Tuesday, 02 January 2024 12:17 GMT

What You Need To Know About The New Implants To Patch Up Failing Hearts Is It Really A 'Breakthrough'?


(MENAFN- The Conversation) There are many difficulties in converting any biological research into a medicine that will treat patients. Because of the complexity involved, these difficulties apply especially to translating cell research in the laboratory to a successful treatment for heart failure, where the heart is unable to pump blood around the body properly.

The definitive treatment for heart failure is a heart transplant – a difficult and costly procedure. Pills are prescribed for the condition, but they only delay death and are not effective in changing the cause of the disease.

Fifteen to 20 years ago, scientists started enthusiastically exploring the use of heart muscle precursor cells grown in the laboratory to transplant to the failing heart in the hope that they might make new heart muscle. Although results in animal tests were positive, they all failed in humans. Included in the failures was the one that my colleagues and I conducted .

We'd had success with animal studies and even some positive results in small groups of patients. Buoyed by these results, we organised a randomised controlled trial – the gold standard for medical studies in humans.

Our study was funded by the European Commission and entailed a massive effort by a large group of researchers across Europe. The result was that the therapy, which entailed injecting bone marrow cells into the heart muscle of patients who had had a heart attack, did not work.

I was therefore surprised to read recently that an article in Nature on this subject had an enthusiastic reception in the press. It was variously described as “groundbreaking” , “remarkable” and a “major breakthrough” .

The authors of the article report growing patches of heart muscle in the lab from precursor cells and then applying those patches to the hearts of monkeys that had had an induced heart attack, producing heart failure.

A woman who'd had a heart attack in 2016 also had the procedure. Three months later, she had a heart transplant, allowing the researchers to analyse her heart.

As this was the only case of a human receiving this treatment, and the procedure had failed, as the heart was removed from the patient, the title of the Nature article is perhaps too wide in its scope: Engineering heart muscle allografts for heart repair in primates and humans.

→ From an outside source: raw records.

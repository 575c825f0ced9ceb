-- ===== src/Update/State.antt =====
-- core/update/state.go: the file that keeps the floor of manifest sequences and the artifact that is
-- staged. A name stands for a staged path.
pub mod Floor
use bacchus.Shared.{
  ℕ, List, [], Bool, true, false, not, Option, none, some, Bytes, length, ltb, ◌==◌, if◌then◌else◌,
  ℤ, pos, eqb_ℤ, Result, ok, err, map_err,
}
use bacchus.Atomicfile
use bacchus.Atomicfile.{Disk, File, Faults, World}
use bacchus.Atomicfile.Install.{put}
use bacchus.Update.Manifest.{Artifact}

pub record Pending : Type 0 where
  pub release : Bytes
  pub seq : ℕ
  pub artifact : Artifact
  pub staged : Bytes

pub record StateFile : Type 0 where
  pub version : ℤ
  pub min_seq : ℕ
  pub applied_release : Bytes
  pub pending : Option Pending

pub record Json : Type 0 where
  pub encode : StateFile → Option Bytes
  pub decode : Bytes → Option StateFile

pub data StateError : Type 0 where
  read_failed parse_failed unsupported_state marshal_failed : StateError
  install_failed : Atomicfile.Error → StateError

abbrev pub zero_state : StateFile
zero_state = record { version = pos 0; min_seq = 0; applied_release = []; pending = none }

abbrev read_decoded : Option StateFile → StateFile × Option StateError
read_decoded none = (zero_state, some parse_failed)
read_decoded (some f) =
    if not (eqb_ℤ f.version (pos 1))
    then (record zero_state { min_seq = f.min_seq }, some unsupported_state)
    else (f, none)

abbrev read_file : Json → Option File → StateFile × Option StateError
read_file j none = (zero_state, none)
read_file j (some f) = read_decoded (j.decode f.content)

unfoldable pub read : Json → Bool → Disk → StateFile × Option StateError
read j fails d = if fails then (zero_state, some read_failed) else read_file j d.target

abbrev pub pending_unless : StateFile × Option StateError → ℕ × Option Pending × Option StateError
pending_unless (f, none) = (f.min_seq, f.pending, none)
pending_unless (f, some e) = (f.min_seq, none, some e)

unfoldable pub load : Json → Bool → Disk → ℕ × Option Pending × Option StateError
unfolding read
load j fails d = pending_unless (read j fails d)

abbrev installed : Result Atomicfile.Error (Unit {0}) × World → Result StateError (Unit {0}) × Disk
installed (r, w) = (map_err install_failed r, w.disk)

abbrev write_encoded : Option Bytes → Faults → Bool → Disk → Result StateError (Unit {0}) × Disk
write_encoded none f raises_floor d = (err marshal_failed, d)
write_encoded (some b) f raises_floor d = installed (put raises_floor f b 0o600 d)

unfoldable pub write : Json → Faults → StateFile → Bool → Disk → Result StateError (Unit {0}) × Disk
write j f file raises_floor d =
    write_encoded (j.encode (record file { version = pos 1 })) f raises_floor d

unfoldable pub raise_floor : Json → Bool → Faults → ℕ → Disk → Result StateError (Unit {0}) × Disk
raise_floor j fails f seq d =
    let file = (read j fails d).0 in
    let raises = ltb file.min_seq seq in
    write j f (if raises then record file { min_seq = seq } else file) raises d

unfoldable pub set_pending :
    Json → Bool → Faults → Pending → Disk → Result StateError (Unit {0}) × Disk
set_pending j fails f p d =
    let file = (read j fails d).0 in
    let raises = ltb file.min_seq p.seq in
    let raised = if raises then record file { min_seq = p.seq } else file in
    write j f (record raised { pending = some p }) raises d

unfoldable pub clear_pending :
    Json → Bool → Faults → Bytes → Disk → Result StateError (Unit {0}) × Disk
clear_pending j fails f applied d =
    let file = record (read j fails d).0 { pending = none } in
    write j f (if length applied == 0 then file else record file { applied_release = applied })
      false d
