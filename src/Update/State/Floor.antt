-- ===== src/Update/State/Floor.antt =====
-- The calls of state.go in core/update, and the floor that each leaves on disk.
use Prim.Native.Nat.{max}
use bacchus.Shared.{
  ℕ, ◌≤◌, List, [], ◌∷◌, Bool, true, false, ◌≡◌, ◌⊎◌, inl, inr, refl, Option, none, some, Bytes,
  arith, pos, Result, ok, err, length, ltb, ◌==◌, if◌then◌else◌,
}
use bacchus.Atomicfile
use bacchus.Atomicfile.{Disk, File, Faults, World}
use bacchus.Atomicfile.Install.{new_file, put, put_target}
use bacchus.Update.State.{
  Pending, StateFile, Json, StateError, zero_state, pending_unless, load, read, installed,
  write_encoded, write, raise_floor, set_pending, clear_pending,
}

-- What the code relies on of `encoding/json`: a state that was encoded decodes to itself.
abbrev pub IsJson : Json → Type 0
IsJson j = (f : StateFile) (b : Bytes) → j.encode f ≡ some b → j.decode b ≡ some f

abbrev pub floor_on : Json → Disk → ℕ
floor_on j d = (read j false d).0.min_seq

-- A write leaves the floor alone or makes it that of the state written, and success means the latter.
abbrev Writes : Json → ℕ → Disk → Result StateError (Unit {0}) × Disk → Type 0
Writes j floor d (r, d') =
    ((floor_on j d' ≡ floor_on j d) ⊎ (floor_on j d' ≡ floor)) × (r ≡ ok tt → floor_on j d' ≡ floor)

module _ (j : Json) (json : IsJson j) where
  floor_on_same : (d d' : Disk) → d'.target ≡ d.target → floor_on j d' ≡ floor_on j d
  unfolding read
  floor_on_same d d' e = ground arith

  floor_on_new :
      (file : StateFile) (b : Bytes) (d : Disk)
      → j.encode (record file { version = pos 1 }) ≡ some b
      → d.target ≡ some (new_file b 0o600)
      → floor_on j d ≡ file.min_seq
  unfolding read
  floor_on_new file b d e t = ground (arith, json (record file { version = pos 1 }) b e)

  installed_lem :
      (file : StateFile) (b : Bytes) (d : Disk) (out : Result Atomicfile.Error (Unit {0}) × World)
      → j.encode (record file { version = pos 1 }) ≡ some b
      → ((out.1.disk.target ≡ d.target) ⊎ (out.1.disk.target ≡ some (new_file b 0o600)))
      → (out.0 ≡ ok tt → out.1.disk.target ≡ some (new_file b 0o600))
      → Writes j file.min_seq d (installed out)
  installed_lem file b d (ok _, w) e target done =
      let new = floor_on_new file b w.disk e (done refl) in (inr new, λ h. new)
  installed_lem file b d (err x, w) e (inl same) done =
      (inl (floor_on_same d w.disk same), λ h. ground arith)
  installed_lem file b d (err x, w) e (inr new) done =
      (inr (floor_on_new file b w.disk e new), λ h. ground arith)

  write_encoded_lem :
      (f : Faults) (file : StateFile) (raises : Bool) (d : Disk) (o : Option Bytes)
      → j.encode (record file { version = pos 1 }) ≡ o
      → Writes j file.min_seq d (write_encoded o f raises d)
  write_encoded_lem f file raises d none e = (inl refl, λ h. ground arith)
  write_encoded_lem f file raises d (some b) e =
      let (target, done) = put_target raises f b 0o600 d in
      installed_lem file b d (put raises f b 0o600 d) e target done

  write_lem :
      (f : Faults) (file : StateFile) (raises : Bool) (d : Disk)
      → Writes j file.min_seq d (write j f file raises d)
  unfolding write
  write_lem f file raises d =
      write_encoded_lem f file raises d (j.encode (record file { version = pos 1 })) refl

  pub raise_floor_lem :
      (f : Faults) (seq : ℕ) (d : Disk)
      → let (r, d') = raise_floor j false f seq d in
        (floor_on j d ≤ floor_on j d') × (r ≡ ok tt → floor_on j d' ≡ max (floor_on j d) seq)
  unfolding raise_floor
  raise_floor_lem f seq d =
      let file = (read j false d).0 in
      let raises = ltb file.min_seq seq in
      let w = write_lem f (if raises then record file { min_seq = seq } else file) raises d in
      (ground (arith, w), λ h. ground (arith, w))

  pub set_pending_lem :
      (f : Faults) (p : Pending) (d : Disk)
      → let (r, d') = set_pending j false f p d in floor_on j d ≤ floor_on j d'
  unfolding set_pending
  set_pending_lem f p d =
      let file = (read j false d).0 in
      let raises = ltb file.min_seq p.seq in
      let raised : StateFile = if raises then record file { min_seq = p.seq } else file in
      let w = write_lem f (record raised { pending = some p }) raises d in ground (arith, w)

  pub clear_pending_lem :
      (f : Faults) (applied : Bytes) (d : Disk)
      → floor_on j (clear_pending j false f applied d).1 ≡ floor_on j d
  unfolding clear_pending
  clear_pending_lem f applied d =
      let file : StateFile = record (read j false d).0 { pending = none } in
      let w =
        write_lem f
          (if length applied == 0 then file else record file { applied_release = applied }) false
          d in
      ground (arith, w)

-- The calls that write the file, each with what the operating system does in it.
pub data Op : Type 0 where
  raising : Faults → ℕ → Op
  staging : Faults → Pending → Op
  clearing : Faults → Bytes → Op

unfoldable pub step : Json → Op → Disk → Result StateError (Unit {0}) × Disk
step j (raising f seq) d = raise_floor j false f seq d
step j (staging f p) d = set_pending j false f p d
step j (clearing f applied) d = clear_pending j false f applied d

unfoldable pub run : Json → List Op → Disk → Disk
run j [] d = d
run j (o ∷ os) d = run j os (step j o d).1

pending_unless_floor : (r : StateFile × Option StateError) → (pending_unless r).0 ≡ r.0.min_seq
pending_unless_floor (file, none) = refl
pending_unless_floor (file, some e) = refl

pub load-floor_on : (j : Json) (d : Disk) → (load j false d).0 ≡ floor_on j d
unfolding load
load-floor_on j d = pending_unless_floor (read j false d)

module _ (j : Json) (json : IsJson j) where
  step_keeps : (o : Op) (d : Disk) → floor_on j d ≤ floor_on j (step j o d).1
  unfolding step
  step_keeps (raising f seq) d = (raise_floor_lem j json f seq d).0
  step_keeps (staging f p) d = set_pending_lem j json f p d
  step_keeps (clearing f applied) d = ground (arith, clear_pending_lem j json f applied d)

  run_keeps : (os : List Op) (d : Disk) → floor_on j d ≤ floor_on j (run j os d)
  unfolding run
  run_keeps [] d = omega arith
  run_keeps (o ∷ os) d = omega (arith, step_keeps o d, run_keeps os (step j o d).1)

  -- Once `RaiseFloor` reported no error for a sequence, the floor on disk is at least that sequence
  -- after any later calls of `RaiseFloor`, `SetPending` and `ClearPending`, whatever they fail with,
  -- as long as each can read the file.
  pub raised_floor_stays :
      (f : Faults) (seq : ℕ) (d : Disk) (os : List Op)
      → (raise_floor j false f seq d).0 ≡ ok tt
      → seq ≤ (load j false (run j os (raise_floor j false f seq d).1)).0
  unfolding load
  raised_floor_stays f seq d os h =
      let (_, raised) = raise_floor_lem j json f seq d in
      let later = run_keeps os (raise_floor j false f seq d).1 in
      let e = load-floor_on j (run j os (raise_floor j false f seq d).1) in
      ground (arith, raised h, later, e)

  -- A `ClearPending` that cannot read a file that stands there and reports no error leaves a file
  -- that any later read takes for one with floor 0 and nothing pending.
  pub clear_unread_forgets :
      (f : Faults) (applied : Bytes) (d : Disk)
      → (clear_pending j true f applied d).0 ≡ ok tt
      → floor_on j (clear_pending j true f applied d).1 ≡ 0
  unfolding clear_pending read
  clear_unread_forgets f applied d h =
      let file : StateFile = record zero_state { pending = none } in
      let w =
        write_lem j json f
          (if length applied == 0 then file else record file { applied_release = applied }) false
          d in
      ground (arith, w)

It is noted that a senior author of the article declares that he has shares in the company that will commercialise any success. This conflict may have been declared, but it is still a potential conflict.

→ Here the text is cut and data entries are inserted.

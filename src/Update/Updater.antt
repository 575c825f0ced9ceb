-- ===== src/Update/Updater.antt =====
-- core/update/updater.go, and `Stage` of apply.go: what a check for a newer release is given and says,
-- the staging of an artifact and its publication. What the source serves, what the clock and the gate say and what
-- each call of the operating system does are arguments. The temporary file of `Stage` has a fresh
-- name and is not part of the directory; the staged path of an artifact stands for its digest.
pub mod Check
pub mod Target
pub mod News
pub mod Floor
pub mod Rollback
use bacchus.Shared.{
  ℕ, suc, List, [], ◌++◌, Bool, true, false, not, ◌&&◌, ◌||◌, Option, none, some, String, Bytes,
  length, take, ltb, ◌==◌, if◌then◌else◌, bytes_eq, ℤ, pos, eqb_ℤ, ltb_ℤ, Result, ok, err, map_err,
}
use bacchus.Atomicfile
use bacchus.Atomicfile.{Disk, Faults}
use bacchus.Version
use bacchus.Version.{Version, compare_to}
use bacchus.Update.Manifest
use bacchus.Update.Manifest.{Artifact, Manifest, find, read_limit}
use bacchus.Update.Bundle
use bacchus.Update.Apply
use bacchus.Update.Apply.{Site, Trail, ApplyFaults, ApplyError, verify_file, apply}
use bacchus.Update.State.{Pending, StateError, load, raise_floor, set_pending, clear_pending}
use bacchus.Update.State

pub record Platform : Type 0 where
  pub bundle : Bundle.Platform
  pub apply : Apply.Platform
  pub state : State.Json

-- `stamp` is the release that the linker stamped the build with, if it did.
pub record Config : Type 0 where
  pub verifier : Bundle.Verifier
  pub os : String
  pub arch : String
  pub role : String
  pub defer : Bool
  pub current_release : Bytes
  pub stamp : Option Version

pub data StageError : Type 0 where
  create_failed fetch_failed download_failed close_source_failed chmod_failed sync_failed
        close_failed rename_failed :
      StageError
  size_differs : StageError
  not_verified : ApplyError → StageError

pub data Error : Type 0 where
  unstamped fetch_manifest_failed bad_release no_pending : Error
  bad_current_release : Version.Error → Error
  refused : Manifest.Error → Error
  stage_failed : StageError → Error
  state_failed : StateError → Error
  apply_failed : ApplyError → Error

pub record Outcome : Type 0 where
  pub release : Bytes
  pub up_to_date : Bool
  pub no_artifact : Bool
  pub staged : Option Bytes
  pub applied : Bool
  pub deferred : Bool
  pub gated : Bool

-- `serve` is what the source answers for an artifact; `reread` is what stands on the disk after a
-- download was written to it.
pub record StageFaults : Type 0 where
  pub create : Bool
  pub serve : Artifact → Option Bytes
  pub copy : Bool
  pub close_source : Bool
  pub chmod : Bool
  pub sync : Bool
  pub close : Bool
  pub reopen : Bool
  pub reread : Bytes → Bytes
  pub rename : Bool

-- What happens outside during one call. `gate` is `none` where no gate is configured, and `true` where
-- it refuses; a `read_` field is whether that read of the state file fails.
pub record Events : Type 0 where
  pub gate : Option Bool
  pub manifest : Option Bytes
  pub now : ℕ
  pub reopen_staged : Bool
  pub stage : StageFaults
  pub apply : ApplyFaults
  pub read_load : Bool
  pub read_raise : Bool
  pub read_pending : Bool
  pub read_clear : Bool
  pub raise : Faults
  pub pending : Faults
  pub clear : Faults
  pub remove_staged : Bool

-- The directory of the binary with the states that an apply takes it through, and the state file.
pub record Host : Type 0 where
  pub trail : Trail
  pub state : Disk

abbrev pub Run : Type 0
Run = (Outcome × Option Error) × Host

abbrev pub no_outcome : Outcome
no_outcome = record {
  release = [];
  up_to_date = false;
  no_artifact = false;
  staged = none;
  applied = false;
  deferred = false;
  gated = false;
}

abbrev pub staged_path : Artifact → Bytes
staged_path a = a.sha256

abbrev pub with_staged : Site → Bytes → Option Bytes → Site
with_staged s name file = record s { staged = λ n. if bytes_eq n name then file else s.staged n }

abbrev staged_at :
    Artifact → Bytes → Site → Result ApplyError (Unit {0}) → Bool → Result StageError Bytes × Site
staged_at a content s (err e) rename = (err (not_verified e), s)
staged_at a content s (ok _) rename =
    if rename
    then (err rename_failed, s)
    else (ok (staged_path a), with_staged s (staged_path a) (some content))

abbrev downloaded :
    Apply.Platform → StageFaults → Artifact → Bytes → Site → Result StageError Bytes × Site
downloaded p f a got s =
    if f.copy
    then (err download_failed, s)
    else if f.close_source
    then (err close_source_failed, s)
    else if not (eqb_ℤ (pos (length got)) a.size)
    then (err size_differs, s)
    else if f.chmod
    then (err chmod_failed, s)
    else if f.sync
    then (err sync_failed, s)
    else if f.close
    then (err close_failed, s)
    else staged_at a (f.reread got) s (verify_file p f.reopen a (some (f.reread got))) f.rename

abbrev served :
    Apply.Platform → StageFaults → Artifact → Option Bytes → Site → Result StageError Bytes × Site
served p f a none s = (err fetch_failed, s)
served p f a (some content) s = downloaded p f a (take (read_limit a.size) content) s

unfoldable pub stage :
    Apply.Platform → StageFaults → Artifact → Site → Result StageError Bytes × Site
stage p f a s = if f.create then (err create_failed, s) else served p f a (f.serve a) s

-- The release that this build is.
abbrev stamped : Option Version → Result Error Version
stamped none = err unstamped
stamped (some v) = ok v

unfoldable pub self : Config → Result Error Version
self c =
    if length c.current_release == 0
    then stamped c.stamp
    else map_err bad_current_release (Version.parse c.current_release)

abbrev pub follows : Trail → Trail → Trail
follows t before = record { site = t.site; trace = t.trace ++ before.trace }

abbrev pub publish_applied :
    State.Json → Events → Bytes → Outcome → Host → Result ApplyError (Unit {0}) × Trail → Run
publish_applied j e release out h (err x, t) =
    ((out, some (apply_failed x)), record h { trail = follows t h.trail })
publish_applied j e release out h (ok _, t) = (
  (record out { applied = true; deferred = false }, none),
  record {
    trail = follows t h.trail;
    state = (clear_pending j e.read_clear e.clear release h.state).1;
  },
)

unfoldable pub publish : Platform → Events → Outcome → Bytes → Artifact → Bytes → Host → Run
publish p e out name a release h =
    publish_applied p.state e release out h
      (apply p.apply e.apply name a release (record { site = h.trail.site; trace = [] }))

Pills for heart failure only delay death. They don't reverse the cause. studiomode/Alamy Stock Photo Heart arrhythmia

The article does not discuss previous attempts to use heart muscle precursor cells for treating heart failure in humans. In particular, the pioneering work in Paris of the surgeon Philippe Menasché who in 2003 reported in the Lancet that he had injected heart muscle precursor cells into the myocardium (heart muscle) of a patient with apparent success.

He then published the results of a study where he repeated the same procedure in a larger group. The study was not successful. Menasché noted that some of the patients suffered from cardiac rhythm abnormalities following the procedure.

There was much discussion in the field that the junctions between the transplanted cells and the patient's own heart muscle cells might give rise to abnormal electrical activity that would unpredictably produce potentially fatal heart rhythm change.

Because of the history of failure of cell therapy in human trials after positive tests in lab animals, the objective reader should regard results from animal experiments with scepticism.